### EXERCISE GOAL:
Retype, exactly as they appear below, the lines between the line holding "P (remove_key key_of pending key)" and the line holding "let (distinct, gone, shorter) = remove_key-IsQueue pending key", both ends included.

Excerpts from a dataset
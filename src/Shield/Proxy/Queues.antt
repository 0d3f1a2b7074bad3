-- ===== src/Shield/Proxy/Queues.antt =====
-- proxy.rs: the queues of requests that wait stay bounded, and find what was put in them.
use project_black_monolith.Prelude.{
  suc, ◌≤◌, ◌≡◌, ◌≢◌, refl, sym, ◌∙◌, inl, inr, some, List, [], ◌∷◌, ◌++◌, Bool-cases, arith,
  length, length-append, ltb,
}
use project_black_monolith.Text.{Text, text_eq, text_eq_iff, text_eq_refl}
use project_black_monolith.Text.Search.{All, All-map, All-append}
use project_black_monolith.Shield.Proxy.{remove_key, pop_excess, track, find_key, take_key}

module _ {A : Type 0} (key_of : A → Text) where
  -- No two entries have the same key.
  abbrev HasDistinctKeys : List A → Type 0
  HasDistinctKeys [] = Unit
  HasDistinctKeys (p ∷ pending) = All (λ q. key_of p ≢ key_of q) pending × HasDistinctKeys pending

  -- At most 1024 entries, no two with the same key
  abbrev pub IsQueue : List A → Type 0
  IsQueue pending = (length pending ≤ 1024) × HasDistinctKeys pending

  remove_key-All :
      (P : A → Type 0) (pending : List A) (key : Text)
      → All P pending
      → All P (remove_key key_of pending key)
  unfolding remove_key
  remove_key-All P [] key h = tt
  remove_key-All P (p ∷ pending) key h = elim (Bool-cases (text_eq (key_of p) key)) [
    | inl here ↦ rw here (h.1)
    | inr other ↦ rw other (h.0, remove_key-All P pending key (h.1))
  ]

  remove_key-IsQueue :
      (pending : List A) (key : Text)
      → HasDistinctKeys pending
      → HasDistinctKeys (remove_key key_of pending key)
        × All (λ q. key_of q ≢ key) (remove_key key_of pending key)
        × (length (remove_key key_of pending key) ≤ length pending)
  unfolding remove_key
  remove_key-IsQueue [] key h = (tt, tt, omega arith)
  remove_key-IsQueue (p ∷ pending) key h = elim (Bool-cases (text_eq (key_of p) key)) [
    | inl here ↦
        let same : key_of p ≡ key = (text_eq_iff (key_of p) key).0 here in
        let others : All (λ q. key_of q ≢ key) pending =
          All-map (λ q. key_of p ≢ key_of q) (λ q. key_of q ≢ key) pending
            (λ q differ e. differ (same ∙ sym e)) (h.0) in
        rw here (h.1, others, omega arith)
    | inr other ↦
        let (distinct, gone, shorter) = remove_key-IsQueue pending key (h.1) in
        let differ : key_of p ≢ key = λ e. cc (other, (text_eq_iff (key_of p) key).1 e) in
        let apart = remove_key-All (λ q. key_of p ≢ key_of q) pending key (h.0) in
        rw other ((apart, distinct), (differ, gone), omega arith)
  ]

  HasDistinctKeys-append :
      (pending : List A) (entry : A)
      → HasDistinctKeys pending
      → All (λ q. key_of q ≢ key_of entry) pending
      → HasDistinctKeys (pending ++ entry ∷ [])
  HasDistinctKeys-append [] entry distinct new = (tt, tt)
  HasDistinctKeys-append (p ∷ pending) entry distinct new = (
    All-append (λ q. key_of p ≢ key_of q) pending (entry ∷ []) (distinct.0) (new.0, tt),
    HasDistinctKeys-append pending entry (distinct.1) (new.1),
  )

  -- The entry is at the end, and the front goes if there are too many.
  pushed :
      (pending : List A) (entry : A)
      → length pending ≤ 1024
      → HasDistinctKeys pending
      → All (λ q. key_of q ≢ key_of entry) pending
      → (kept : List A) × ((pop_excess key_of (pending ++ entry ∷ [])).0 ≡ kept ++ entry ∷ [])
        × (length kept ≤ 1023)
        × HasDistinctKeys kept
        × All (λ q. key_of q ≢ key_of entry) kept
  pushed [] entry short distinct new = ([], refl, omega arith, tt, tt)
  pushed (p ∷ pending) entry short distinct new =
      let size = length-append pending (entry ∷ []) in
      elim (Bool-cases (ltb 1024 (suc (length (pending ++ entry ∷ []))))) [
        | inl over ↦ (pending, rw over refl, omega arith, distinct.1, new.1)
        | inr fits ↦ (p ∷ pending, rw fits refl, ground arith, distinct, new)
      ]

  tracked :
      (pending : List A) (entry : A)
      → IsQueue pending
      → (kept : List A) × ((track key_of pending entry).0 ≡ kept ++ entry ∷ [])
        × (length kept ≤ 1023)
        × HasDistinctKeys kept
        × All (λ q. key_of q ≢ key_of entry) kept
  unfolding track
  tracked pending entry h =
      let (distinct, gone, shorter) = remove_key-IsQueue pending (key_of entry) (h.1) in
      pushed (remove_key key_of pending (key_of entry)) entry (omega (arith, h.0)) distinct gone

  pub track-IsQueue :
      (pending : List A) (entry : A) → IsQueue pending → IsQueue ((track key_of pending entry).0)
  track-IsQueue pending entry h =
      let (kept, e, short, distinct, new) = tracked pending entry h in
      let size = length-append kept (entry ∷ []) in
      rw e (omega arith, HasDistinctKeys-append kept entry distinct new)

  find_key-last :
      (kept : List A) (entry : A)
      → All (λ q. key_of q ≢ key_of entry) kept
      → find_key key_of (kept ++ entry ∷ []) (key_of entry) ≡ some entry
  unfolding find_key
  find_key-last [] entry new = rw (text_eq_refl (key_of entry)) refl
  find_key-last (p ∷ kept) entry new = elim (Bool-cases (text_eq (key_of p) (key_of entry))) [
    | inl same ↦ absurd (new.0 ((text_eq_iff (key_of p) (key_of entry)).0 same))
    | inr other ↦ rw other (find_key-last kept entry (new.1))
  ]

  -- A request that was noted is found by the key of its response.
  track-find_key :
      (pending : List A) (entry : A)
      → IsQueue pending
      → find_key key_of ((track key_of pending entry).0) (key_of entry) ≡ some entry
  track-find_key pending entry h =
      let (kept, e, _, _, new) = tracked pending entry h in rw e (find_key-last kept entry new)

  pub take_key-IsQueue :
      (pending : List A) (key : Text) → IsQueue pending → IsQueue ((take_key key_of pending key).0)
  unfolding take_key
  take_key-IsQueue pending key h =
      let (distinct, _, shorter) = remove_key-IsQueue pending key (h.1) in
      (omega (arith, h.0), distinct)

### WORKED SOLUTION:
      → All P (remove_key key_of pending key)
  unfolding remove_key
  remove_key-All P [] key h = tt
  remove_key-All P (p ∷ pending) key h = elim (Bool-cases (text_eq (key_of p) key)) [
    | inl here ↦ rw here (h.1)
    | inr other ↦ rw other (h.0, remove_key-All P pending key (h.1))
  ]

  remove_key-IsQueue :
      (pending : List A) (key : Text)
      → HasDistinctKeys pending
      → HasDistinctKeys (remove_key key_of pending key)
        × All (λ q. key_of q ≢ key) (remove_key key_of pending key)
        × (length (remove_key key_of pending key) ≤ length pending)
  unfolding remove_key
  remove_key-IsQueue [] key h = (tt, tt, omega arith)
  remove_key-IsQueue (p ∷ pending) key h = elim (Bool-cases (text_eq (key_of p) key)) [
    | inl here ↦
        let same : key_of p ≡ key = (text_eq_iff (key_of p) key).0 here in
        let others : All (λ q. key_of q ≢ key) pending =
          All-map (λ q. key_of p ≢ key_of q) (λ q. key_of q ≢ key) pending
            (λ q differ e. differ (same ∙ sym e)) (h.0) in
        rw here (h.1, others, omega arith)
    | inr other ↦
        let (distinct, gone, shorter) = remove_key-IsQueue pending key (h.1) in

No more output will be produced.